Kuhners Ausschluss ist nicht bloss eine persoenlicher Erfahrungsbericht, in gewisser
Hinsicht zeichnet er auch bestimmte Erscheinungsformen des oesterreichischen
Antisemitismus nach.
Die Einschaetzung Herbert Kuhners des oesterreichischen Aktionismus im folgenden
Text teile ich so nicht. Es ist eher richtig, dass dieser sich als Antwort auf den
Nationalsozialismus und die rueckwaertsgerichtete wie stehen gebliebene Hinterwaldheimat verstanden hat.
Doch die Mitteln aktionistischer Antikunst waren keineswegs aufklaerend gewaehlt, sondern provokativ und koennen so den Eindruck der Menschenverachtung erwecken.
Ich persoenlich habe aus dem Aktionismus nie besonderen Gewinn gezogen oder
gar ueberzeugtes Gefallen gefunden und finde den bei weitem ueberschaetzt und halte es fuer
eine tragische Fuegung, dass gerade der Aktionismus als der oesterreichische Beitrag
zur internationalen Kunst des 20.Jhdts. angesehen wird, vor allem wenn ich mir das
Gestammle der Epigonen und Befuerworter ansehe.
Originaereres als den Aktionismus hat es jedoch leider im Oesterreich der zweiten
Republik nicht gegeben
Andererseits: Hermann Nitsch hat sich haeufig u.a. auf Richard Wagner und Stefan George
bezogen. Welche Bedeutung die fuer die nationalsozialistischen Kulturvorstellungen hatten, brauche ich hier nicht weiter auszufuehren.
Otto Muehl hat in einigen seiner Ausstellungsprospekten anlaesslich der
Ardenenoffensive (die letzte Abwehrschlacht gegen die US-Truppen) wissen
lassen, dass er einer der letzten und juengsten Wehrmachtsoldaten gewesen sei,
die noch in den Leutnantsrang befoerdert worden sind.
Der seine Aesthetik tatsaechlich aus seinen Impressionen aus der Ardennenschlacht zur Kunstform erhoben hat.
Zermanschte, von Panzern ueberrollte blutende Leichname im letzten schmutzigen Schnee des Nazikriegs.

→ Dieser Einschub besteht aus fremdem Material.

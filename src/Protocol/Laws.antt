-- ===== src/Protocol/Laws.antt =====
-- What the code relies on of cJSON, and what it then reads of the objects that it builds.
use xiaozhi.Base.{
  ℕ, ◌+◌, ◌-◌, ◌≡◌, ◌<◌, ap, Bool, true, ◌&&◌, ltb, [], ◌∷◌, Option, none, some, arith,
  if◌then◌else◌, length, take_all,
}
use xiaozhi.Base.Int.{ℤ}
use xiaozhi.Base.Strings.{Bytes, codes, str_eq, truncate}
use xiaozhi.Protocol.{
  Json, Kind, IncomingEvent, HelloConfig, string_at, number_at, and_then, read_event,
  parse_incoming_json, audio_params, hello_object, build_hello, parse_type, is_text,
  copy_json_string, copy_json_number,
}

-- `tolower` of ASCII.
abbrev pub lower : ℕ → ℕ
lower c = if ltb 64 c && ltb c 91 then c + 32 else c

abbrev pub lower_all : Bytes → Bytes
lower_all [] = []
lower_all (c ∷ s) = lower c ∷ lower_all s

-- `cJSON_GetObjectItem` compares names without regard to case.
abbrev pub same_key : Bytes → Bytes → Bool
same_key a b = str_eq (lower_all a) (lower_all b)

-- The item of a name: that of the object as it was, or else what was added under the name.
abbrev pub or_added : {Item : Type 0} → Option Item → Bool → Item → Option Item
or_added (some item) same added = some item
or_added none same added = if same then some added else none

-- cJSON: what is added to an object is found under its name, behind what was there.
pub record Laws {Item : Type 0} (json : Json Item) : Type 0 where
  pub text : Bytes → Item
  pub int : ℤ → Item
  pub string-text : (s : Bytes) → json.string (text s) ≡ some s
  pub string-int : (n : ℤ) → json.string (int n) ≡ none
  pub number-int : (n : ℤ) → json.number (int n) ≡ some n
  pub get-create_object : (key : Bytes) → json.get json.create_object key ≡ none
  pub get-add_string :
      (item : Item) (name s key : Bytes)
      → json.get (json.add_string item name s) key
        ≡ or_added (json.get item key) (same_key name key) (text s)
  pub get-add_number :
      (item : Item) (name : Bytes) (n : ℤ) (key : Bytes)
      → json.get (json.add_number item name n) key
        ≡ or_added (json.get item key) (same_key name key) (int n)
  pub get-add_item :
      (item : Item) (name : Bytes) (child : Item) (key : Bytes)
      → json.get (json.add_item item name child) key
        ≡ or_added (json.get item key) (same_key name key) child

-- The object of a hello.
abbrev pub hello_root : {Item : Type 0} → Json Item → HelloConfig → Item
hello_root json cfg =
    json.add_item (hello_object json cfg) (codes "audio_params") (audio_params json cfg)

abbrev pub hello_event : HelloConfig → IncomingEvent
hello_event cfg = record {
  type = Kind.hello;
  session_id = [];
  text = [];
  emotion = [];
  output_sample_rate = cfg.sample_rate;
  output_channels = cfg.channels;
}

module _ {Item : Type 0} {json : Json Item} (laws : Laws json) (cfg : HelloConfig) where
  read_hello : read_event json (hello_root json cfg) ≡ hello_event cfg
  unfolding read_event hello_object audio_params string_at number_at and_then parse_type is_text
      copy_json_string copy_json_number str_eq
  read_hello = simp (
    laws.get-create_object, laws.get-add_string, laws.get-add_number, laws.get-add_item,
    laws.string-text, laws.number-int,
  )

  -- A hello is read back: if the library prints the object as a text that fits the buffer, and parses
  -- the text to the object again, then the program's own reader takes the message that the program
  -- sends for a hello with the sample rate and the channels that went into it, and nothing else.
  -- Names are found as they were added.
  pub hello_reads_back :
      (size : ℕ) (printed : Bytes)
      → json.print (hello_root json cfg) ≡ some printed
      → length printed < size
      → json.parse printed ≡ some (hello_root json cfg)
      → (build_hello json cfg size true ≡ some printed)
        × (parse_incoming_json json printed ≡ some (hello_event cfg))
  unfolding build_hello parse_incoming_json
  hello_reads_back size printed print fits parse =
      let whole : truncate size printed ≡ printed = take_all (size - 1) printed (omega arith) in
      (
        rw (print, build_hello) (ap some whole),
        rw (parse, parse_incoming_json) (ap some read_hello),
      )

Aber das ist in der Waldheimat und im Kampland immer schon Anichtssache gewesen. Nicht in der
Kuttszene des Aktinionismus. Die hat noch immer schrill reagiert, so man am Pantheon des
vermeintlichen Austro-Avantgardismus zu kratzen beginnt.

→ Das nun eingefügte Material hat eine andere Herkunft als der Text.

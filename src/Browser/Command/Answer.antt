-- ===== src/Browser/Command/Answer.antt =====
-- What the browser reads of the answer to a command.
use xiaozhi.Base.{
  ℕ, ◌-◌, ◌≡◌, ◌<◌, refl, ap, ◌∙◌, inl, inr, Bool-cases, Option, none, some, if◌then◌else◌, arith,
  length, take_all,
}
use xiaozhi.Base.Int.{ℤ}
use xiaozhi.Base.Strings.{Bytes, codes, str_eq, truncate}
use xiaozhi.Browser.Command.{
  command_parse, parsed, after_type, act, set_led, led_params, create_response, response_root,
  with_msg,
}
use xiaozhi.Protocol.{Json, is_text, string_at, and_then}
use xiaozhi.Protocol.Laws.{Laws}

abbrev led_status : Option (ℤ × Bytes) → Bytes
led_status none = codes "error"
led_status (some led) = codes "ok"

abbrev led_message : Option (ℤ × Bytes) → Option Bytes
led_message none = some (codes "invalid params for set_led")
led_message (some led) = none

-- The status of the answer: "ok" for get_status, and for set_led with its parameters.
abbrev pub status_of : Bytes → Option (ℤ × Bytes) → Bytes
status_of action led =
    if str_eq action (codes "set_led")
    then led_status led
    else if str_eq action (codes "get_status")
    then codes "ok"
    else codes "error"

-- The message that goes with it.
abbrev pub message_of : Bytes → Option (ℤ × Bytes) → Option Bytes
message_of action led =
    if str_eq action (codes "set_led")
    then led_message led
    else if str_eq action (codes "get_status")
    then some (codes "System is running")
    else some (codes "unknown action")

module _ {Item : Type 0} (json : Json Item) where
  -- The object of the answer to an action.
  abbrev pub answer_root : Item → Bytes → Item
  answer_root root action =
      response_root json action (status_of action (led_params json root))
        (message_of action (led_params json root))

  set_led-response :
      (buf : Bytes) (size : ℕ) (action : Bytes) (led : Option (ℤ × Bytes))
      → (set_led json buf size action led).response
        ≡ create_response json buf size action (led_status led) (led_message led)
  unfolding set_led
  set_led-response buf size action none = refl
  set_led-response buf size action (some led) = refl

  act-response :
      (buf : Bytes) (size : ℕ) (root : Item) (action : Bytes)
      → (act json buf size root action).response
        ≡ create_response json buf size action
            (status_of action (led_params json root))
            (message_of action (led_params json root))
  unfolding act
  act-response buf size root action = elim (Bool-cases (str_eq action (codes "set_led"))) [
    | inl e ↦ rw e (set_led-response buf size action (led_params json root))
    | inr e ↦ elim (Bool-cases (str_eq action (codes "get_status"))) [
      | inl f ↦ rw (e, f) refl
      | inr f ↦ rw (e, f) refl
    ]
  ]

  parsed-response :
      (buf : Bytes) (size : ℕ) (root : Item) (action : Bytes)
      → string_at json root (codes "type") ≡ some (codes "cmd")
      → string_at json root (codes "action") ≡ some action
      → (parsed json buf size (some root)).response ≡ (act json buf size root action).response
  unfolding parsed after_type is_text str_eq
  parsed-response buf size root action type given = rw (type, given) refl

-- What the browser reads of an answer.
pub record Answers {Item : Type 0} (json : Json Item) (answer : Item) (action status : Bytes)
    (msg : Option Bytes) : Type 0 where
  pub type : string_at json answer (codes "type") ≡ some (codes "cmd_result")
  pub action_named : string_at json answer (codes "action") ≡ some action
  pub status_given : string_at json answer (codes "status") ≡ some status
  pub msg_given : string_at json answer (codes "msg") ≡ msg

module _ {Item : Type 0} {json : Json Item} (laws : Laws json) where
  root-Answers :
      (action status : Bytes) (msg : Option Bytes)
      → Answers json (response_root json action status msg) action status msg
  unfolding response_root with_msg string_at and_then str_eq
  root-Answers action status none = record {
    type = simp (laws.get-create_object, laws.get-add_string, laws.string-text);
    action_named = simp (laws.get-create_object, laws.get-add_string, laws.string-text);
    status_given = simp (laws.get-create_object, laws.get-add_string, laws.string-text);
    msg_given = simp (laws.get-create_object, laws.get-add_string);
  }
  root-Answers action status (some msg) = record {
    type = simp (laws.get-create_object, laws.get-add_string, laws.string-text);
    action_named = simp (laws.get-create_object, laws.get-add_string, laws.string-text);
    status_given = simp (laws.get-create_object, laws.get-add_string, laws.string-text);
    msg_given = simp (laws.get-create_object, laws.get-add_string, laws.string-text);
  }

  -- The answer to a command names its action, and its status is "ok" exactly for get_status, and for
  -- set_led with a number and a text for its parameters; the message is that of the status. The text
  -- is a command with an action, and the library prints the object of the answer as a text that fits
  -- the buffer and parses the text to the object again. Names are found as they were added.
  pub command_parse-Answers :
      (text buf : Bytes) (size : ℕ) (root : Item) (action out : Bytes)
      → json.parse text ≡ some root
      → string_at json root (codes "type") ≡ some (codes "cmd")
      → string_at json root (codes "action") ≡ some action
      → json.print (answer_root json root action) ≡ some out
      → length out < size
      → json.parse out ≡ some (answer_root json root action)
      → let led = led_params json root in
        ((command_parse json text buf size).response ≡ out)
        × ((answer : Item) × (json.parse out ≡ some answer)
            × Answers json answer action (status_of action led) (message_of action led))
  unfolding command_parse create_response
  command_parse-Answers text buf size root action out parse type given print fits reads =
      let led = led_params json root in
      let whole : truncate size out ≡ out = take_all (size - 1) out (omega arith) in
      let printed : create_response json buf size action (status_of action led)
            (message_of action led)
          ≡ out =
        rw (print, create_response) whole in
      (
        ap (λ x. (parsed json buf size x).response) parse
            ∙ parsed-response json buf size root action type given
            ∙ act-response json buf size root action
            ∙ printed,
        (
          answer_root json root action,
          reads,
          root-Answers action (status_of action led) (message_of action led),
        ),
      )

Ganz nach Nitschens dionysischen Schreikrampfchor und Pfeifferltrupp.
Die Texte Kuhners sind sowohl in deutscher wie auch englischer Sprache verfasst. Das entspricht
durchaus seiner Persoenlichkeit, der nach der Vertreibung 1939 mit dem amerikanischen
English aufgewachsen ist, und nach der Rueckkehr in den 60 er Jahren wieder auf deutsch zu schreiben begonnen hat.

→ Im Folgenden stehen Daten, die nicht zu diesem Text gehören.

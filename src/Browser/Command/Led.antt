-- ===== src/Browser/Command/Led.antt =====
-- Which commands set an LED.
use xiaozhi.Base.{
  ◌≡◌, ◌↔◌, refl, sym, ap, subst, ◌∙◌, inl, inr, Bool-cases, true, Option, none, some, ok, failed,
  ℕ, if◌then◌else◌, arith,
}
use xiaozhi.Base.Int.{ℤ}
use xiaozhi.Base.Strings.{Bytes, codes, str_eq, str_eq_iff}
use xiaozhi.Browser.Command.{command_parse, parsed, after_type, act, set_led, led_params, both}
use xiaozhi.Protocol.{Json, is_text, string_at, number_at, and_then}

module _ {Item : Type 0} (json : Json Item) where
  -- A command that asks for LED `id` to be set to `state`.
  pub record Asks (root : Item) (id : ℤ) (state : Bytes) : Type 0 where
    pub type : string_at json root (codes "type") ≡ some (codes "cmd")
    pub action : string_at json root (codes "action") ≡ some (codes "set_led")
    pub id_given : number_at json (json.get root (codes "params")) (codes "id") ≡ some id
    pub state_given :
        and_then (json.get root (codes "params")) (λ p. string_at json p (codes "state"))
        ≡ some state

  both_iff :
      (n : Option ℤ) (s : Option Bytes) (id : ℤ) (state : Bytes)
      → (both n s ≡ some (id, state)) ↔ ((n ≡ some id) × (s ≡ some state))
  unfolding both
  both_iff none s id state = ground arith
  both_iff (some n) none id state = ground arith
  both_iff (some n) (some s) id state = ground arith

  is_text_iff : (x : Option Bytes) (t : Bytes) → (is_text x t ≡ true) ↔ (x ≡ some t)
  unfolding is_text
  is_text_iff none t = ground arith
  is_text_iff (some s) t = ground (arith, str_eq_iff s t)

  set_led-led :
      (buf : Bytes) (size : ℕ) (action : Bytes) (led : Option (ℤ × Bytes))
      → (set_led json buf size action led).led ≡ led
  unfolding set_led
  set_led-led buf size action none = refl
  set_led-led buf size action (some led) = refl

  -- The LED that an action sets.
  led_of : Item → Bytes → Option (ℤ × Bytes)
  led_of root action = if str_eq action (codes "set_led") then led_params json root else none

  act-led :
      (buf : Bytes) (size : ℕ) (root : Item) (action : Bytes)
      → (act json buf size root action).led ≡ led_of root action
  unfolding act led_of
  act-led buf size root action = elim (Bool-cases (str_eq action (codes "set_led"))) [
    | inl e ↦ rw e (set_led-led buf size action (led_params json root))
    | inr e ↦ elim (Bool-cases (str_eq action (codes "get_status"))) [
      | inl f ↦ rw (e, f) refl
      | inr f ↦ rw (e, f) refl
    ]
  ]

  led_of_iff :
      (root : Item) (action : Bytes) (id : ℤ) (state : Bytes)
      → (led_of root action ≡ some (id, state)) ↔ (
          (action ≡ codes "set_led")
          × (number_at json (json.get root (codes "params")) (codes "id") ≡ some id)
          × (and_then (json.get root (codes "params")) (λ p. string_at json p (codes "state"))
              ≡ some state))
  unfolding led_of led_params
  led_of_iff root action id state = ground (
    arith,
    str_eq_iff action (codes "set_led"),
    both_iff (number_at json (json.get root (codes "params")) (codes "id"))
        (and_then (json.get root (codes "params")) (λ p. string_at json p (codes "state"))) id
        state,
  )

  after_type-led :
      (buf : Bytes) (size : ℕ) (root : Item) (action : Option Bytes) (id : ℤ) (state : Bytes)
      → ((after_type json buf size root action).led ≡ some (id, state))
        ↔ ((a : Bytes) × (action ≡ some a) × (led_of root a ≡ some (id, state)))
  unfolding after_type
  after_type-led buf size root none id state = ((λ e. absurd (cc e)), (λ (a, e, f). absurd (cc e)))
  after_type-led buf size root (some a) id state = (
    λ e. (a, refl, sym (act-led buf size root a) ∙ e),
    λ (b, e, f). act-led buf size root a ∙ ap (led_of root) (cc e) ∙ f,
  )

  set_led-ok :
      (buf : Bytes) (size : ℕ) (action : Bytes) (led : Option (ℤ × Bytes))
      → (set_led json buf size action led).status ≡ ok
  unfolding set_led
  set_led-ok buf size action none = refl
  set_led-ok buf size action (some led) = refl

  act-ok :
      (buf : Bytes) (size : ℕ) (root : Item) (action : Bytes)
      → (act json buf size root action).status ≡ ok
  unfolding act
  act-ok buf size root action = elim (Bool-cases (str_eq action (codes "set_led"))) [
    | inl e ↦ rw e (set_led-ok buf size action (led_params json root))
    | inr e ↦ elim (Bool-cases (str_eq action (codes "get_status"))) [
      | inl f ↦ rw (e, f) refl
      | inr f ↦ rw (e, f) refl
    ]
  ]

  after_type-ok :
      (buf : Bytes) (size : ℕ) (root : Item) (action : Option Bytes)
      → (after_type json buf size root action).status ≡ ok
  unfolding after_type
  after_type-ok buf size root none = refl
  after_type-ok buf size root (some a) = act-ok buf size root a

  parsed-failed :
      (buf : Bytes) (size : ℕ) (x : Option Item)
      → ((parsed json buf size x).status ≡ failed) ↔ (x ≡ none)
  unfolding parsed
  parsed-failed buf size none = ((λ e. refl), (λ e. refl))
  parsed-failed buf size (some root) =
      elim (Bool-cases (is_text (string_at json root (codes "type")) (codes "cmd"))) [
        | inl e ↦
            let fine = after_type-ok buf size root (string_at json root (codes "action")) in
            rw e ((λ f. absurd (cc (sym fine ∙ f))), (λ f. absurd (cc f)))
        | inr e ↦ rw e ((λ f. absurd (cc f)), (λ f. absurd (cc f)))
      ]

  Asks-iff :
      (root : Item) (id : ℤ) (state : Bytes)
      → ((string_at json root (codes "type") ≡ some (codes "cmd"))
          × ((a : Bytes) × (string_at json root (codes "action") ≡ some a)
              × (led_of root a ≡ some (id, state))))
        ↔ Asks root id state
  Asks-iff root id state = (
    λ (t, (a, e, f)). record {
      type = t;
      action = e ∙ ap some ((led_of_iff root a id state).0 f).0;
      id_given = ((led_of_iff root a id state).0 f).1;
      state_given = ((led_of_iff root a id state).0 f).2;
    },
    λ k. (
      k.type,
      (
        codes "set_led",
        k.action,
        (led_of_iff root (codes "set_led") id state).1 (refl, k.id_given, k.state_given),
      ),
    ),
  )

  parsed-led :
      (buf : Bytes) (size : ℕ) (x : Option Item) (id : ℤ) (state : Bytes)
      → ((parsed json buf size x).led ≡ some (id, state))
        ↔ ((root : Item) × (x ≡ some root) × Asks root id state)
  unfolding parsed
  parsed-led buf size none id state = ((λ e. absurd (cc e)), (λ (r, e, k). absurd (cc e)))
  parsed-led buf size (some root) id state =
      let type = string_at json root (codes "type") in
      let led = after_type-led buf size root (string_at json root (codes "action")) id state in
      elim (Bool-cases (is_text type (codes "cmd"))) [
        | inl e ↦ rw e (
          λ f. (
            root,
            refl,
            (Asks-iff root id state).0 ((is_text_iff type (codes "cmd")).0 e, led.0 f),
          ),
          λ (r, f, k). led.1 ((Asks-iff root id state).1 (subst (λ r. Asks r id state) (cc f) k)).1,
        )
        | inr e ↦ rw e (
          λ f. absurd (cc f),
          λ (r, f, k). absurd (
              cc (
                sym e
                ∙ (is_text_iff type (codes "cmd")).1 (subst (λ r. Asks r id state) (cc f) k).type)),
        )
      ]

  -- `command_parse` returns -1 exactly if the text is no JSON, and sets an LED exactly if the text is
  -- a command with the action set_led, whose parameters are a number and a text: the LED of that
  -- number, to that state.
  pub command_parse_led_iff :
      (text buf : Bytes) (size : ℕ) (id : ℤ) (state : Bytes)
      → (((command_parse json text buf size).status ≡ failed) ↔ (json.parse text ≡ none))
        × (((command_parse json text buf size).led ≡ some (id, state))
            ↔ ((root : Item) × (json.parse text ≡ some root) × Asks root id state))
  unfolding command_parse
  command_parse_led_iff text buf size id state =
      (parsed-failed buf size (json.parse text), parsed-led buf size (json.parse text) id state)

Herbert Kuhner lebt und arbeitet als Uebersetzer in Wien. .
Ich habe den Namen Gabriel immer mit dem Typen mit Flügeln und einem Horn verbunden.
Blow, Gabriel, blow!
Come on and blow, Gabriel, blow!
I wanna join your happy band.
Gabriel, ein einflussreicher österreichischer Rechtsanwalt, tadelte die Herausgeberin einer Sammlung "Klagelieder" österreichisch-jüdischer Autoren, weil auch mein Gesang im Buch zu finden ist.
Gabriel hat denselben Hintergrund wie ich, und, obwohl wir uns nie begegneten, bin ich davon überzeugt, daß wir sonst nichts Gemeinsames haben.
Als ich dies einer Kollegin erzählte, die von Juden nicht besonders begeistert ist, sagte sie: "Siehst du was ich meine! Wer weiß, wenn du nicht wärst, was du bist, wärst du vielleicht auch ein Antisemit".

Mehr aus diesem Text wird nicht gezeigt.